I laugh harshly into the phone. "I'll try." He hangs up after that. I give the employees who haven't left yet some bone souvenirs and leave my number and Mr. Doe's instructions with the manager. Then I go outside and head home.


Dinner is quiet, and Dad's been paying close attention to me throughout. After about ten minutes or so his fork clinks as he sets it down against his plate. He looks me in the eye.

"Taylor, are you alright?" he asks.

I sketch a false smile on my face, so fake that I know I'm not fooling anyone.

"I tried to make a good first impression with some people and it didn't turn out the way I wanted."

Dad frowns and takes another bite of his mashed potatoes.

"I know a thing or two about recovering from a bad start. Anything I can help with?" I imagine Dad trying to negotiate with Kaiser, or talk down Armsmaster. I almost laugh. I shake my head instead.

"No, not really. I've already asked someone for advice, and they told me to let it cool down for a few days before I try to do anything else about it. Something about letting people process."

Dad's face becomes thoughtful as he rubs his chin.

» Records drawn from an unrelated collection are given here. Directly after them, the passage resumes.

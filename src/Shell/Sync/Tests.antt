-- ===== src/Shell/Sync/Tests.antt =====
-- A synchronization of a window and its dialog.
use mathlib.Core.List.{Memᴰ}
use seamlessrdp.Base.{
  ℕ, ◌≡◌, refl, true, false, List, [], ◌∷◌, ◌++◌, none, some, codes, ◌==◌, if◌then◌else◌, arith,
}
use seamlessrdp.Base.Int.{pos}
use seamlessrdp.Shared.{hwnd_to_long}
use seamlessrdp.Shell.Command.{equal}
use seamlessrdp.Hook.{Rect, Style, create, debug}
use seamlessrdp.Hook.Position.{no_rect}
use seamlessrdp.Shell.Sync.{
  Listed, parent_of, sent, sync_begin, sync_end, announce, describe, do_sync,
}
use seamlessrdp.Shell.Sync.Parents.{IsReport, IsReport-do_sync}
use seamlessrdp.Shell.Sync.Complete.{IsChild, Below, child, deeper, Sends-do_sync}
use seamlessrdp.Shell.Sync.Met.{Sends}

abbrev plain : Style
plain = record {
  visible = true;
  child = false;
  popup = false;
  maximize = false;
  minimize = false;
  modalframe = false;
  topmost = false;
  toolwindow = false;
}

abbrev main_rect : Rect
main_rect = record { left = pos 10; top = pos 20; right = pos 210; bottom = pos 120 }

abbrev main_window : Listed
main_window = record {
  hwnd = 0x2002A;
  owner = 0;
  style = plain;
  class = some (codes "Notepad");
  pid = 1234;
  rect = some main_rect;
  title = codes "Untitled";
}

-- its rectangle cannot be read
abbrev dialog : Listed
dialog = record {
  hwnd = 0x30030;
  owner = 0x2002A;
  style = record plain { popup = true; modalframe = true };
  class = some (codes "#32770");
  pid = 1234;
  rect = none;
  title = codes "Save";
}

abbrev desktop : List Listed
desktop = dialog ∷ main_window ∷ []

abbrev rank : ℕ → ℕ
rank h = if h == 0 then 2 else if h == 0x2002A then 1 else 0

synced :
    do_sync 2 desktop
    ≡ some (
        sync_begin
        ∷ announce main_window
        ∷ (describe main_window main_rect
            ++ announce dialog ∷ sent (debug no_rect) ∷ sync_end ∷ []))
unfolding do_sync equal parent_of
synced = refl

IsReport-do_sync_example : IsReport [] (do_sync (rank 0) desktop)
unfolding parent_of
IsReport-do_sync_example = IsReport-do_sync rank desktop (omega arith, (omega arith, tt))

main_window-IsChild : IsChild 0 main_window
main_window-IsChild = record { visible = refl; windowed = λ e. cc; belongs = refl }

dialog-IsChild : IsChild 0x2002A dialog
dialog-IsChild = record { visible = refl; windowed = λ e. cc; belongs = refl }

dialog-Below : Below desktop 0 dialog
dialog-Below =
    deeper 0 main_window dialog main_rect (Memᴰ.tail (Memᴰ.head refl)) main_window-IsChild refl
      (child 0x2002A dialog (Memᴰ.head refl) dialog-IsChild)

Sends-do_sync_example :
    Sends
      (sent (create (hwnd_to_long 0x30030) 1234 (hwnd_to_long 0x2002A) 1))
      (do_sync (rank 0) desktop)
unfolding parent_of hwnd_to_long
Sends-do_sync_example =
    Sends-do_sync rank desktop dialog (omega arith, (omega arith, tt)) dialog-Below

"I mean, there's merit to the wait-and-see approach. On the other hand," he lifts his fork, a few green beans speared on the end of it, "Waiting means that whatever impression you made, good or bad, is going to be the only image in their heads for a while. If you don't take steps to correct that, it's only going to become more difficult to fix in the future. Maybe try again? Take the initiative, set up a meeting, and see if you can't set things straight before they come to their own conclusions."

I take a bite of chicken and mull it over. I could go in for some volunteer hours at the hospital, or pull another 'petals in the park' stunt. Nothing controversial, just something to make sure that people know I'm not dead.

It's either that or laying low, staying hidden, and letting someone else tell the story.

I swallow the chicken. "Yeah, I think that could work. Thanks Dad." I put on another smile, this one a little more honest. Dad grins back.

"Glad I could help." The dinner is still quiet after that, but the silence isn't as heavy. When I go to bed, I think about booting up my computer and trying to justify my actions on PHO. I think about it, but I don't. That's tomorrow's problem. Instead, I change into my pj's, turn off the lights, and go to sleep.

I dream of dancing between flashes of light, chasing something, and being happy.